To find the amplitude of the right moving wave and the left moving wave, we need to consider the equation of the standing wave:
y(x,t) = (3 mm)sin(x/2 m)cos(100 rad/s*t)
Since the equation is in the form of the product of sine and cosine, we can write it as:
y(x,t) = (3 mm)[(1/2)(sin[(x/2 m) + 100 rad/s*t]) + (1/2)(sin[(x/2 m) - 100 rad/s*t])]
Now, we can see that the amplitude of the right moving wave is (3 mm)/2 = 1.5 mm, and the amplitude of the left moving wave is (3 mm)/2 = 1.5 mm.

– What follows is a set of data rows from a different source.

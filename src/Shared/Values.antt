-- ===== src/Shared/Values.antt =====
-- The value objects that bookings, resources and ratings are made of
-- (app/domain/shared/value_objects).
pub mod Stored
use venue_backend.Common.{
  ℕ, ◌-◌, ◌/◌, String, Bool, ◌&&◌, ◌||◌, none, ltb, leb, ◌==◌, if◌then◌else◌,
}
use venue_backend.Shared.Result.{failure, Result, success, failed}
use venue_backend.Shared.Time.{
  ℤ, pos, negsuc, DateTime, is_naive, is_offset, minutes_of_day, minute_us,
}
use venue_backend.Shared.Text.{size, strip}

-- An untyped argument of a `create`: `None`, a `bool`, an `int`, a `str`, or anything else.
pub data Raw : Type 0 where
  null : Raw
  boolean : Bool → Raw
  integer : ℤ → Raw
  text : String → Raw
  other : Raw

-- An argument that the `create` tests by `isinstance` for one class.
pub data Typed (A : Type 0) : Type 0 where
  typed : A → Typed A
  mistyped : Typed A

-- `Result.failure(code)`
abbrev pub fail_with : {A : Type 0} → String → Result A
fail_with code = failed (failure code none)

-- money.py
pub record Money : Type 0 where
  pub cents : ℕ

abbrev pub max_cents : ℕ
max_cents = 10_000_000_000

unfoldable pub create_money : Raw → Result Money
create_money (integer (pos n)) =
    if ltb max_cents n then fail_with "MoneyExceedsMax" else success (record { cents = n })
create_money (integer (negsuc n)) = fail_with "MoneyCannotBeNegative"
create_money _ = fail_with "MoneyInvalidType"

-- slot_duration.py
pub record SlotDuration : Type 0 where
  pub minutes : ℕ

abbrev pub allowed_duration : ℕ → Bool
allowed_duration n = n == 30 || n == 45 || n == 60 || n == 90 || n == 120

unfoldable pub create_duration : Raw → Result SlotDuration
create_duration (integer (pos n)) =
    if allowed_duration n
    then success (record { minutes = n })
    else fail_with "SlotDurationNotAllowed"
create_duration (integer (negsuc n)) = fail_with "SlotDurationNotAllowed"
create_duration _ = fail_with "SlotDurationInvalidType"

-- cancellation_cutoff.py
pub record CancellationCutoff : Type 0 where
  pub hours : ℕ

unfoldable pub create_cutoff : Raw → Result CancellationCutoff
create_cutoff (integer (pos n)) =
    if leb n 168 then success (record { hours = n }) else fail_with "CancellationCutoffOutOfRange"
create_cutoff (integer (negsuc n)) = fail_with "CancellationCutoffOutOfRange"
create_cutoff _ = fail_with "CancellationCutoffInvalidType"

-- rating_score.py
pub record RatingScore : Type 0 where
  pub score : ℕ

unfoldable pub create_score : Raw → Result RatingScore
create_score (integer (pos n)) =
    if leb 1 n && leb n 5 then success (record { score = n }) else fail_with "RatingScoreOutOfRange"
create_score (integer (negsuc n)) = fail_with "RatingScoreOutOfRange"
create_score _ = fail_with "RatingScoreInvalidType"

-- short_description.py
pub record ShortDescription : Type 0 where
  pub content : String

unfoldable pub create_description : Raw → Result ShortDescription
create_description (text s) =
    if ltb 500 (size (strip s))
    then fail_with "ShortDescriptionCannotBeGreaterThanMaxLength"
    else success (record { content = strip s })
create_description _ = fail_with "ShortDescriptionInvalidType"

-- time_window.py: times of day, the end excluded.
pub record TimeWindow : Type 0 where
  pub start : ℕ
  pub end : ℕ

unfoldable pub create_window : Typed ℕ → Typed ℕ → Result TimeWindow
create_window (typed start) (typed end) =
    if leb end start
    then fail_with "TimeWindowStartMustBeBeforeEnd"
    else success (record { start = start; end = end })
create_window _ _ = fail_with "TimeWindowInvalidType"

-- `(end.hour - start.hour) * 60 + (end.minute - start.minute)`, which is not negative where the
-- window starts before it ends.
abbrev pub window_minutes : TimeWindow → ℕ
window_minutes w = minutes_of_day w.end - minutes_of_day w.start

-- `w.start <= tod < w.end`
abbrev pub in_window : ℕ → TimeWindow → Bool
in_window tod w = leb w.start tod && ltb tod w.end

-- date_time_range.py. Both ends are UTC by `create`, so the record holds their instants.
pub record DateTimeRange : Type 0 where
  pub start_at : ℕ
  pub end_at : ℕ

unfoldable pub create_range : Typed DateTime → Typed DateTime → Result DateTimeRange
create_range (typed s) (typed e) =
    if is_naive s.tzinfo || is_naive e.tzinfo
    then fail_with "DateTimeRangeNotTzAware"
    else if is_offset s.tzinfo || is_offset e.tzinfo
    then fail_with "DateTimeRangeNotUtc"
    else if leb e.wall s.wall
    then fail_with "DateTimeRangeStartMustBeBeforeEnd"
    else success (record { start_at = s.wall; end_at = e.wall })
create_range _ _ = fail_with "DateTimeRangeInvalidType"

-- `int(delta.total_seconds() // 60)`
abbrev pub duration_minutes : DateTimeRange → ℕ
duration_minutes r = (r.end_at - r.start_at) / minute_us

abbrev pub overlaps : DateTimeRange → DateTimeRange → Bool
overlaps a b = ltb a.start_at b.end_at && ltb b.start_at a.end_at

To determine the wavelength of the right moving wave and left moving wave, we need to find the distance between two consecutive maxima or minima for each wave.
For the right moving wave, the wavelength is given as:
λ = 2π/k,
where k = x/2 m.
Therefore, the wavelength of the right moving wave is 2π/[(x/2 m)] = 4π/x.
Similarly, for the left moving wave, the wavelength is also given as:
λ = 2π/k,
where k = -(x/2 m).
Therefore, the wavelength of the left moving wave is 2π/[-(x/2 m)] = 4π/[-(x/2)] = -4π/x.
Note that the wavelength can be positive or negative, but for the purpose of this calculation, we take the absolute value.
Finally, to find the velocity of the right moving wave and left moving wave, we use the formula:
v = fλ,
where v is the velocity, f is the frequency (in this case, it is 100 Hz), and λ is the wavelength.
For the right moving wave, the velocity (v1) is given by:
v1 = (100 Hz) * (4π/x) = (400π/x) m/s.
For the left moving wave, the velocity (v2) is given by:
v2 = (100 Hz) * (-4π/x) = (-400π/x) m/s.
Thus, the velocity of the right moving wave is (400π/x) m/s, and the velocity of the left moving wave is (-400π/x) m/s.